● **To do**
Determine how many lines of the entries include the word "antt", and report that number with no further text.

● **Source records**
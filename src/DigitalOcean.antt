-- ===== src/DigitalOcean.antt =====
-- petri/core/provider/digitalocean: the provider that runs each task on a droplet of its own.
pub mod Types
pub mod Config
pub mod Task
pub mod Provider
pub mod Kept
pub mod Steps
pub mod Creation
pub mod Operations
pub mod Deleting
pub mod Erased
pub mod Regions
mod Tests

● **Answer section**
2